A Compressive Guide How to Manage Data Science Projects

A Compressive Guide How to Manage Science Projects

More data science projects have increased the demand for data science professionals. Usually, any project manager can perform the job, or an excellent senior data scientist will be a fantastic data science manager. But, it is only sometimes valid. Data science management becomes necessary for an organization wanting a competitive advantage. However, the role of data scientists is to put the data analytics process into a strategic context so the organization can leverage the potential of data while working on its data science project.

Data science management aims to align work with business goals and make the team accountable for the outcome. It ensures that each team is allocated to its place within the same department or distributed group. Hence, in this blog, we dive into the key areas of managing data projects effectively.
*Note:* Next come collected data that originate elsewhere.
-- ===== src/Transport/Ending.antt =====
-- A worker that is told to stop ends, whatever is answered to it, and closes its events.
use navigation_robot.Base.{
  ℕ, ◌+◌, ◌-◌, ◌≤◌, ◌≡◌, refl, ap, ◌∙◌, arith, Bool, true, false, List, [], ◌∷◌, ◌++◌, map, length,
  Bool-cases, inl, inr, none, some, Option,
}
use navigation_robot.Transport.{Answer, Move, closes, steps}
use navigation_robot.Transport.Fifo.{step-stopped}
use navigation_robot.Transport.Life.{
  Life, starting, connected, broken, gone, serial_next, follow, Tells,
}
use navigation_robot.Transport.SerialLife.{serial_ended, serial_run-follow}
use navigation_robot.Transport.Serial
use navigation_robot.Transport.Serial.{SerialWorker}

-- The steps that a serial worker still makes once it is told to stop, at most.
serial_rank : Serial.Phase → ℕ → ℕ
serial_rank Serial.opening n = 6
serial_rank Serial.purge_start n = 5
serial_rank (Serial.purge_test deadline quiet_reads) n = 4
serial_rank (Serial.purge_read deadline quiet_reads) n = 5
serial_rank Serial.purge_end n = 3
serial_rank Serial.opened_test n = 2
serial_rank Serial.loop_test n = 2
serial_rank Serial.draining n = 4 + n
serial_rank Serial.reading n = 3
serial_rank Serial.closing n = 1
serial_rank Serial.finished n = 0

abbrev serial_left : SerialWorker → ℕ
serial_left w = serial_rank w.phase (length w.tx)

drain-left :
    (answer : Answer) (queue : List (List ℕ)) (w : SerialWorker)
    → w.tx ≡ queue
    → serial_left (Serial.drain answer queue w) ≤ 3 + length queue
unfolding serial_rank
drain-left answer [] w e = omega arith
drain-left answer (bytes ∷ queue) w e = ground arith

deliver-left : (received : List ℕ) (w : SerialWorker) → serial_left (Serial.deliver received w) ≤ 2
unfolding serial_rank
deliver-left [] w = omega arith
deliver-left (byte ∷ received) w = omega arith

step_by-left :
    (phase : Serial.Phase) (answer : Answer) (w : SerialWorker)
    → w.phase ≡ phase
    → w.stopped ≡ true
    → serial_left (Serial.step_by phase answer w) ≤ serial_rank phase (length w.tx) - 1
unfolding serial_rank Serial.step_by
step_by-left Serial.opening answer w p e = ground arith
step_by-left Serial.purge_start answer w p e = ground arith
step_by-left (Serial.purge_test deadline quiet_reads) answer w p e = ground arith
step_by-left (Serial.purge_read deadline quiet_reads) answer w p e = ground arith
step_by-left Serial.purge_end answer w p e = ground arith
step_by-left Serial.opened_test answer w p e = ground arith
step_by-left Serial.loop_test answer w p e = ground arith
step_by-left Serial.draining answer w p e = omega (arith, drain-left answer w.tx w refl)
step_by-left Serial.reading answer w p e = elim (Bool-cases answer.raised) [
  | inl f ↦ rw f (omega arith)
  | inr f ↦ rw f (deliver-left answer.received w)
]
step_by-left Serial.closing answer w p e = ground arith
step_by-left Serial.finished answer w p e = rw p (omega arith)

rank-zero : (phase : Serial.Phase) (n : ℕ) → serial_rank phase n ≤ 0 → phase ≡ Serial.finished
unfolding serial_rank
rank-zero phase n h = ground arith

-- After as many steps as are left the thread has ended.
serial_ends :
    (answers : List Answer) (w : SerialWorker)
    → w.stopped ≡ true
    → serial_left w ≤ length answers
    → (Serial.run (map steps answers) w).phase ≡ Serial.finished
unfolding Serial.run Serial.move Serial.step
serial_ends [] w e h = ended w.phase (length w.tx) (omega arith)
  where
    ended : (phase : Serial.Phase) (n : ℕ) → serial_rank phase n ≤ 0 → phase ≡ Serial.finished
    ended phase n h = rank-zero phase n h
serial_ends (answer ∷ answers) w e h =
    serial_ends answers (Serial.step answer w) (step-stopped answer w ∙ e)
      (omega (arith, step_by-left w.phase answer w refl e))

serial_rank-bound : (phase : Serial.Phase) (n : ℕ) → serial_rank phase n ≤ 6 + n
unfolding serial_rank
serial_rank-bound phase n = ground arith

pub gone-Tells : (life : Option Life) → Tells true life → life ≡ some gone
gone-Tells none h = absurd h
gone-Tells (some starting) h = absurd (cc h)
gone-Tells (some connected) h = absurd (cc h)
gone-Tells (some broken) h = absurd (cc h)
gone-Tells (some gone) h = refl

serial_run-append :
    (moves more : List Move) (w : SerialWorker)
    → Serial.run (moves ++ more) w ≡ Serial.run more (Serial.run moves w)
unfolding Serial.run
serial_run-append [] more w = refl
serial_run-append (m ∷ moves) more w = serial_run-append moves more (Serial.move m w)

pub ended-Tells :
    (ended : Bool) (life : Option Life) → ended ≡ true → Tells ended life → Tells true life
ended-Tells true life e h = h
ended-Tells false life e h = absurd (cc e)

closed_ends :
    (w : SerialWorker) (answers : List Answer)
    → 6 + length w.tx ≤ length answers
    → (Serial.run (closes ∷ map steps answers) w).phase ≡ Serial.finished
unfolding Serial.run Serial.move Serial.close
closed_ends w answers h =
    serial_ends answers (Serial.close w) refl
      (omega (arith, serial_rank-bound w.phase (length w.tx)))

-- After any moves of a serial worker, `close` and six more steps of its thread than data wait in the
-- queue, whatever is answered to them, lead to the thread's end, and its last event is `closed`.
pub serial_close-gone :
    (moves : List Move) (answers : List Answer)
    → 6 + length (Serial.run moves Serial.new_serial).tx ≤ length answers
    → ((Serial.run (moves ++ (closes ∷ map steps answers)) Serial.new_serial).phase
        ≡ Serial.finished)
      × (follow serial_next
            (some starting)
            (Serial.run (moves ++ (closes ∷ map steps answers)) Serial.new_serial).events
          ≡ some gone)
serial_close-gone moves answers h =
    let last = moves ++ (closes ∷ map steps answers) in
    let ended : (Serial.run last Serial.new_serial).phase ≡ Serial.finished =
      rw (serial_run-append moves (closes ∷ map steps answers) Serial.new_serial)
        (closed_ends (Serial.run moves Serial.new_serial) answers h) in
    let life = follow serial_next (some starting) (Serial.run last Serial.new_serial).events in
    (
      ended,
      gone-Tells life (
          ended-Tells (serial_ended (Serial.run last Serial.new_serial).phase) life
            (ap serial_ended ended) (serial_run-follow last)),
    )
Key Concepts of Data Science Management

Here in the data science guide, we mentioned some key concepts that every data scientist should consider while managing their projects effectively:

1. Know Data Science

Being a data scientist does not mean having expertise or complete knowledge about all previous experience. All you need is a better understanding of the work that can lead you toward completing the project. Although more than knowledge of data science projects is required, you must also comprehend the challenges while working on the project. For example, when you are working on a project, it may be completed quickly or take up 70% of the effort. So, to solve its issues, you need to set up the project timeline before starting to work on it.

2. Engage Stakeholders

To make any project successful, the team should comprehend and follow the rule of “work smarter rather than harder.” The first and foremost step for any data science management process is demonstrating the project goal and metrics to team members. However, explaining the goals and metrics will enable the workforce to provide the correct value to the product and client.

3. Never Assume a Good Data Scientist Is a Great Manager

There is a vast myth surrounding data management that having excellent technical knowledge improves the chances of the data science management process. But, the reality is the opposite. Instead, it is noticed that data scientist repeatedly needs to translate their

technical knowledge into excellence. Moreover, not all team managers will lead and work as project managers.
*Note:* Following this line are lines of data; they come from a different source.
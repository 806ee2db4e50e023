-- ===== src/Transport/TcpEnding.antt =====
-- A TCP worker that is told to stop ends, whatever is answered to it, and closes its events.
use navigation_robot.Base.{
  ℕ, ◌+◌, ◌-◌, ◌≤◌, ◌≡◌, refl, ap, ◌∙◌, arith, true, List, [], ◌∷◌, ◌++◌, map, length, Bool-cases,
  inl, inr, some,
}
use navigation_robot.Transport.{Answer, Move, closes, steps}
use navigation_robot.Transport.Life.{starting, gone, tcp_next, follow}
use navigation_robot.Transport.TcpLife.{tcp_ended, tcp_run-follow}
use navigation_robot.Transport.Ending.{gone-Tells, ended-Tells}
use navigation_robot.Transport.Tcp.{
  TcpWorker, Phase, loop_test, connecting, configuring, inner_test, draining, receiving, failed,
  discarding, reporting, waiting, closing, finished, new_tcp, close, step, step_by, move, run,
  drain, deliver, discard_pending_tx,
}

-- The steps that the worker still makes once it is told to stop, at most.
rank : Phase → ℕ → ℕ
rank loop_test n = 1
rank connecting n = 5
rank configuring n = 4
rank inner_test n = 3
rank draining n = 5 + n
rank receiving n = 4
rank failed n = 3
rank discarding n = 5
rank reporting n = 4
rank waiting n = 3
rank closing n = 2
rank finished n = 0

abbrev left : TcpWorker → ℕ
left w = rank w.phase (length w.tx)

drain-left :
    (answer : Answer) (queue : List (List ℕ)) (w : TcpWorker)
    → w.tx ≡ queue
    → left (drain answer queue w) ≤ 4 + length queue
unfolding rank
drain-left answer [] w e = omega arith
drain-left answer (bytes ∷ queue) w e = ground arith

deliver-left : (received : List ℕ) (w : TcpWorker) → left (deliver received w) ≤ 3
unfolding rank
deliver-left [] w = omega arith
deliver-left (byte ∷ received) w = omega arith

step_by-left :
    (phase : Phase) (answer : Answer) (w : TcpWorker)
    → w.phase ≡ phase
    → w.stopped ≡ true
    → left (step_by phase answer w) ≤ rank phase (length w.tx) - 1
unfolding rank step_by discard_pending_tx
step_by-left loop_test answer w p e = ground arith
step_by-left connecting answer w p e = ground arith
step_by-left configuring answer w p e = ground arith
step_by-left inner_test answer w p e = ground arith
step_by-left draining answer w p e = omega (arith, drain-left answer w.tx w refl)
step_by-left receiving answer w p e = elim (Bool-cases answer.timed_out) [
  | inl f ↦ rw f (omega arith)
  | inr f ↦ rw f (elim (Bool-cases answer.raised) [
    | inl g ↦ rw g (omega arith)
    | inr g ↦ rw g (deliver-left answer.received w)
  ])
]
step_by-left failed answer w p e = ground arith
step_by-left discarding answer w p e = ground arith
step_by-left reporting answer w p e = ground arith
step_by-left waiting answer w p e = ground arith
step_by-left closing answer w p e = ground arith
step_by-left finished answer w p e = rw p (omega arith)

rank-zero : (phase : Phase) (n : ℕ) → rank phase n ≤ 0 → phase ≡ finished
unfolding rank
rank-zero phase n h = ground arith

rank-bound : (phase : Phase) (n : ℕ) → rank phase n ≤ 5 + n
unfolding rank
rank-bound phase n = ground arith

pub step-stopped : (answer : Answer) (w : TcpWorker) → (step answer w).stopped ≡ w.stopped
unfolding step step_by discard_pending_tx
step-stopped answer w = ground arith

-- After as many steps as are left the thread has ended.
ends :
    (answers : List Answer) (w : TcpWorker)
    → w.stopped ≡ true
    → left w ≤ length answers
    → (run (map steps answers) w).phase ≡ finished
unfolding run move step
ends [] w e h = rank-zero w.phase (length w.tx) (omega arith)
ends (answer ∷ answers) w e h =
    ends answers (step answer w) (step-stopped answer w ∙ e)
      (omega (arith, step_by-left w.phase answer w refl e))

run-append :
    (moves more : List Move) (w : TcpWorker) → run (moves ++ more) w ≡ run more (run moves w)
unfolding run
run-append [] more w = refl
run-append (m ∷ moves) more w = run-append moves more (move m w)

closed_ends :
    (w : TcpWorker) (answers : List Answer)
    → 5 + length w.tx ≤ length answers
    → (run (closes ∷ map steps answers) w).phase ≡ finished
unfolding run move close
closed_ends w answers h =
    ends answers (close w) refl (omega (arith, rank-bound w.phase (length w.tx)))

-- After any moves of a TCP worker, `close` and five more steps of its thread than data wait in the
-- queue, whatever is answered to them, lead to the thread's end, and its last event is `closed`.
pub tcp_close-gone :
    (moves : List Move) (answers : List Answer)
    → 5 + length (run moves new_tcp).tx ≤ length answers
    → ((run (moves ++ (closes ∷ map steps answers)) new_tcp).phase ≡ finished)
      × (follow tcp_next
            (some starting)
            (run (moves ++ (closes ∷ map steps answers)) new_tcp).events
          ≡ some gone)
tcp_close-gone moves answers h =
    let last = moves ++ (closes ∷ map steps answers) in
    let ended : (run last new_tcp).phase ≡ finished =
      rw (run-append moves (closes ∷ map steps answers) new_tcp)
        (closed_ends (run moves new_tcp) answers h) in
    let life = follow tcp_next (some starting) (run last new_tcp).events in
    (
      ended,
      gone-Tells life (
          ended-Tells (tcp_ended (run last new_tcp).phase) life (ap tcp_ended ended)
            (tcp_run-follow last)),
    )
For example, various data scientist professionals fear losing their technical skills, which might not use if they shift towards leading and managing the workforce. Therefore, they will need more data science management if given a management role.

4. Manage Workforce

A good data scientist manager is responsible for managing the project and the people on the team. Good data management is curious, humble, and willing to listen and discuss problems and successes with others. Everyone on the team must understand that no matter how well-informed they are, they can only solve some issues. The collective team approach will yield better solutions and insights into the problems that must tackle than an individual.

5. Define the Process

A data science process that is effective is essential for data science management. The team that is working on the project will always discuss and approve the final approach. Discussions should also include frameworks like CRISP-DM that will help to structure communication between the data science team and stakeholders.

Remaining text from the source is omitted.